Me: What the fuck do you mean, almost?
I didn’t say that last part out loud. I just sorta sat there and gawped at him. What it comes down to is this: I sorta do and sorta don’t have cancer. I have those asshole cancer cells roaming around my cervix that if left untreated would spread to my uterus. The doc said he won’t know until he pulls out my baby hammock and takes a peek. Hysterectomy is the only way to treat it.
Here’s some shit I’m worried about:
- The doc’s going to open me up and find cancer everywhere.

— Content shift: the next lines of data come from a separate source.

-- ===== src/Schema/Evidence.antt =====
-- receipts-compiler/src/schema.rs: what workers and verifiers report.
use agent_receipts.Prelude.{String, Option, List}
use agent_receipts.Schema.Float.{F32, F64}
use agent_receipts.Schema.Source.{SourceRef}

pub record EvidenceRecord : Type 0 where
  pub id : String
  pub kind : String
  pub summary : String
  pub source_ids : List String
  pub source_refs : List SourceRef
  pub observed_at : String
  pub agent_id : Option String
  pub lane : Option String
  pub reported_confidence : Option F64
  pub rationale : Option String
  pub diff_ref : Option String
  pub span_before : Option String
  pub span_after : Option String
  pub claimed_agent_id : Option String
  pub claimed_lane : Option String
  pub provenance_warnings : List String

pub record VerifierFinding : Type 0 where
  pub id : String
  pub summary : String
  pub status : String
  pub verifier_score : F32
  pub source_ids : List String
  pub source_refs : List SourceRef
  pub agent_id : Option String
  pub lane : Option String
  pub closure_reason : Option String
  pub finding_kind : Option String
  pub claimed_agent_id : Option String
  pub claimed_lane : Option String
  pub provenance_warnings : List String
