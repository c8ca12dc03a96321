-- ===== src/Schema/Trust.antt =====
-- receipts-compiler/src/schema.rs: what the compiler concludes about a claim.
use agent_receipts.Prelude.{ℕ, String, Bool, Option, List}
use agent_receipts.Schema.Float.{F32}

pub record CompiledFact : Type 0 where
  pub id : String
  pub statement : String
  pub reported_confidence : Option F32
  pub objective_relevance : F32
  pub novelty_gain : F32
  pub needs_raw_drilldown : Bool
  pub source_ids : List String
  pub attestation : Option String

pub record TrustAssessment : Type 0 where
  pub subject_id : String
  pub integrity : String
  pub outcome : String
  pub applicability : String
  pub claim_status : String
  pub verifier_independent : Bool

pub record EvidenceCoverage : Type 0 where
  pub total_claims : ℕ
  pub verified_claims : ℕ
  pub verifier_backed_claims : ℕ
  pub asserted_claims : ℕ
  pub refuted_claims : ℕ

pub record LaneDigest : Type 0 where
  pub lane : String
  pub agent_id : Option String
  pub records : ℕ
  pub attested : ℕ
  pub verifier : ℕ
  pub asserted : ℕ
  pub warnings : ℕ
  pub contradictions : ℕ
  pub read_recommendation : String
  pub drill_down : List String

And Jimmy Hoffa and Waldo and that necklace I lost in the third grade.
- I’m going to blurt out to the anesthesiologist “You guys better not draw dicks on my face while I’m out!”
- The catheter will feel like a UTI.
- I’ll have uncontrollable farts because they pump you full of air to better see your organs.
- My hospital roommate will have Ebola
- I’ll get MRSA
- And Ebola
But the odd thing is I’m kinda excited about the whole (hole) thing. After almost 30 years of suicide-inducing periods, I’ll be free. I’ll still have my ovaries so I won’t go into early menopause. The best part is I’ll get to spend $7.50 every month on candy instead of candy and tampons. I just hope my bladder doesn’t slip and try to make an escape via my vagina.
I hear that shit happens sometimes.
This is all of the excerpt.